'''

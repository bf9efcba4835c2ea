-- ===== src/Stt/Envelope/Fragments.antt =====
-- src/stt/realtime_envelope.cpp: a message comes together whatever the order of its fragments.
use lclva.Prelude.{
  ℕ, ◌+◌, ◌<◌, ◌≡◌, ◌⊎◌, inl, inr, refl, sym, ap, subst, ◌∙◌, List, [], ◌∷◌, Option, none, some,
  Bool, true, false, not, ◌||◌, if◌then◌else◌, leb, ◌==◌, length, set, length-set, at, at-set,
  arith, Bool-cases, if_true, if_false,
}
use lclva.Stt.Base64.{base64_decode}
use lclva.Stt.Envelope.{
  Text, Envelope, Pending, EnvelopeReassembler, same_text, put, is_empty, has_fragment,
  empty_fragments, joined, take_fragment, on_pending, on_fragment,
}
use lclva.Stt.Envelope.Counting.{
  same_text_refl, tabulate, list_is, has_fragment_lem, length-empty_fragments, at-empty_fragments,
  mark, count, count-none, count-mark, count-mark_again, count_full,
}

if_filled : (b : Bool) (s : Text) → is_empty s ≡ false → not (is_empty (if b then s else [])) ≡ b
if_filled true s e = ap not e
if_filled false s e = refl

-- What comes: a fragment of the message, by its index, or another envelope.
abbrev pub Arrival : Type 0
Arrival = ℕ ⊎ Option Envelope

abbrev pub seen : List Arrival → (ℕ → Bool) → ℕ → Bool
seen [] g = g
seen (inl idx ∷ more) g = seen more (mark idx g)
seen (inr e ∷ more) g = seen more g

module _ (id : Text) (n : ℕ) (f : ℕ → Text) (filled : (i : ℕ) → is_empty (f i) ≡ false) where
  -- What a pending message holds when the marked fragments have come.
  pub record Facts (g : ℕ → Bool) (p : Pending) : Type 0 where
    pub length_is : length p.fragments ≡ n
    pub fragments_are : (i : ℕ) → i < n → at [] p.fragments i ≡ (if g i then f i else [])
    pub received_is : p.received ≡ count n g

  abbrev pub fresh : Pending
  fresh = record { fragments = empty_fragments n; received = 0 }

  pub fresh-Facts : Facts (λ i. false) fresh
  fresh-Facts = record {
    length_is = length-empty_fragments n;
    fragments_are = λ i h. at-empty_fragments n i;
    received_is = sym (count-none n);
  }

  -- The message is pending so, or nothing of it has come.
  abbrev pub Held : (ℕ → Bool) → EnvelopeReassembler → Type 0
  Held g r =
      (p : Pending) × ((r.pending id ≡ some p) ⊎ ((r.pending id ≡ none) × (p ≡ fresh))) × Facts g p

  put_same : (p : Option Pending) (r : EnvelopeReassembler) → (put id p r).pending id ≡ p
  put_same p r = if_true (same_text id id) p (r.pending id) (same_text_refl id)

  on_pending-Held :
      (idx : ℕ) (s : Text) (g : ℕ → Bool) (r : EnvelopeReassembler) (h : Held g r)
      → on_pending id idx n s r (r.pending id) ≡ take_fragment id h.0 idx s r
  unfolding on_pending
  on_pending-Held idx s g r (p, inl q, k) =
      ap (on_pending id idx n s r) q
      ∙ if_false (not (length p.fragments == n)) _ (take_fragment id p idx s r)
          (ground (arith, k.length_is))
  on_pending-Held idx s g r (p, inr (q, e), k) =
      ap (on_pending id idx n s r) q ∙ ap (λ x. take_fragment id x idx s r) (sym e)

  on_fragment-Held :
      (idx : ℕ) (s : Text) (g : ℕ → Bool) (r : EnvelopeReassembler)
      → idx < n
      → (h : Held g r) → on_fragment id idx n s r ≡ take_fragment id h.0 idx s r
  unfolding on_fragment
  on_fragment-Held idx s g r b h =
      if_false ((n == 0) || leb n idx) (none, r) (on_pending id idx n s r (r.pending id))
        (ground (arith, b))
      ∙ on_pending-Held idx s g r h

  has-Facts :
      (g : ℕ → Bool) (p : Pending) (idx : ℕ)
      → idx < n
      → Facts g p
      → has_fragment p.fragments idx ≡ g idx
  has-Facts g p idx b k =
      has_fragment_lem p.fragments idx
      ∙ ap (λ x. not (is_empty x)) (k.fragments_are idx b)
      ∙ if_filled (g idx) (f idx) (filled idx)

  -- One more fragment.
  set-Facts :
      (g : ℕ → Bool) (p : Pending) (idx : ℕ)
      → idx < n
      → g idx ≡ false
      → Facts g p
      → Facts
          (mark idx g)
          (record { fragments = set p.fragments idx (f idx); received = p.received + 1 })
  set-Facts g p idx b e k = record {
    length_is = length-set p.fragments idx (f idx) ∙ k.length_is;
    fragments_are = λ i h.
        at-set [] p.fragments idx (f idx) i (omega (arith, k.length_is, b))
        ∙ grind (arith, k.fragments_are i h);
    received_is = omega (arith, k.received_is, count-mark n idx g b e);
  }

  again-Facts :
      (g : ℕ → Bool) (p : Pending) (idx : ℕ) → g idx ≡ true → Facts g p → Facts (mark idx g) p
  again-Facts g p idx e k = record {
    length_is = k.length_is;
    fragments_are = λ i h. grind (arith, k.fragments_are i h, e);
    received_is = k.received_is ∙ sym (count-mark_again n idx g e);
  }

  -- A fragment behind which the message is not complete yet.
  pub fragment_waits :
      (idx : ℕ) (g : ℕ → Bool) (r : EnvelopeReassembler)
      → idx < n
      → count n (mark idx g) < n
      → Held g r
      → let x = on_fragment id idx n (f idx) r in (x.0 ≡ none) × Held (mark idx g) x.1
  unfolding take_fragment
  fragment_waits idx g r b c (p, q, k) =
      let e = on_fragment-Held idx (f idx) g r b (p, q, k) in
      let has = has-Facts g p idx b k in
      elim (Bool-cases (g idx)) [
        | inl y ↦
            let w : take_fragment id p idx (f idx) r ≡ (none, put id (some p) r) =
              if_true (has_fragment p.fragments idx) _ _ (has ∙ y) in
            subst (λ (x : Option Text × EnvelopeReassembler). (x.0 ≡ none) × Held (mark idx g) x.1)
              (sym (e ∙ w)) (refl, (p, inl (put_same (some p) r), again-Facts g p idx y k))
        | inr y ↦
            let p' : Pending = record {
              fragments = set p.fragments idx (f idx);
              received = p.received + 1;
            } in
            let k' = set-Facts g p idx b y k in
            let w : take_fragment id p idx (f idx) r ≡ (none, put id (some p') r) =
              if_false (has_fragment p.fragments idx) _ _ (has ∙ y)
              ∙ if_false (p'.received == length p'.fragments) _ _
                  (ground (arith, k'.received_is, k'.length_is, c)) in
            subst (λ (x : Option Text × EnvelopeReassembler). (x.0 ≡ none) × Held (mark idx g) x.1)
              (sym (e ∙ w)) (refl, (p', inl (put_same (some p') r), k'))
      ]

  -- The fragment that completes the message.
  pub fragment_completes :
      (idx : ℕ) (g : ℕ → Bool) (r : EnvelopeReassembler)
      → idx < n
      → g idx ≡ false
      → count n (mark idx g) ≡ n
      → Held g r
      → let x = on_fragment id idx n (f idx) r in
        (x.0 ≡ base64_decode (joined (tabulate n f))) × (x.1.pending id ≡ none)
  unfolding take_fragment
  fragment_completes idx g r b y c (p, q, k) =
      let e = on_fragment-Held idx (f idx) g r b (p, q, k) in
      let has = has-Facts g p idx b k in
      let p' : Pending = record {
        fragments = set p.fragments idx (f idx);
        received = p.received + 1;
      } in
      let k' = set-Facts g p idx b y k in
      let all : p'.fragments ≡ tabulate n f = list_is n p'.fragments f k'.length_is (λ i h.
        k'.fragments_are i h ∙ if_true (mark idx g i) (f i) [] (count_full n (mark idx g) c i h)) in
      let w : take_fragment id p idx (f idx) r
          ≡ (base64_decode (joined p'.fragments), put id none r) =
        if_false (has_fragment p.fragments idx) _ _ (has ∙ y)
        ∙ if_true (p'.received == length p'.fragments) _ _
            (ground (arith, k'.received_is, k'.length_is, c)) in
      (
        ap (λ (x : Option Text × EnvelopeReassembler). x.0) (e ∙ w)
            ∙ ap (λ l. base64_decode (joined l)) all,
        ap (λ (x : Option Text × EnvelopeReassembler). x.1.pending id) (e ∙ w) ∙ put_same none r,
      )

'''

Problem: Using the data above, print exactly the lines from the line that contains "pub fragments_are : (i" through the line that contains "fresh = record", with both included.

Solution to this exercise:
    pub fragments_are : (i : ℕ) → i < n → at [] p.fragments i ≡ (if g i then f i else [])
    pub received_is : p.received ≡ count n g

  abbrev pub fresh : Pending
  fresh = record { fragments = empty_fragments n; received = 0 }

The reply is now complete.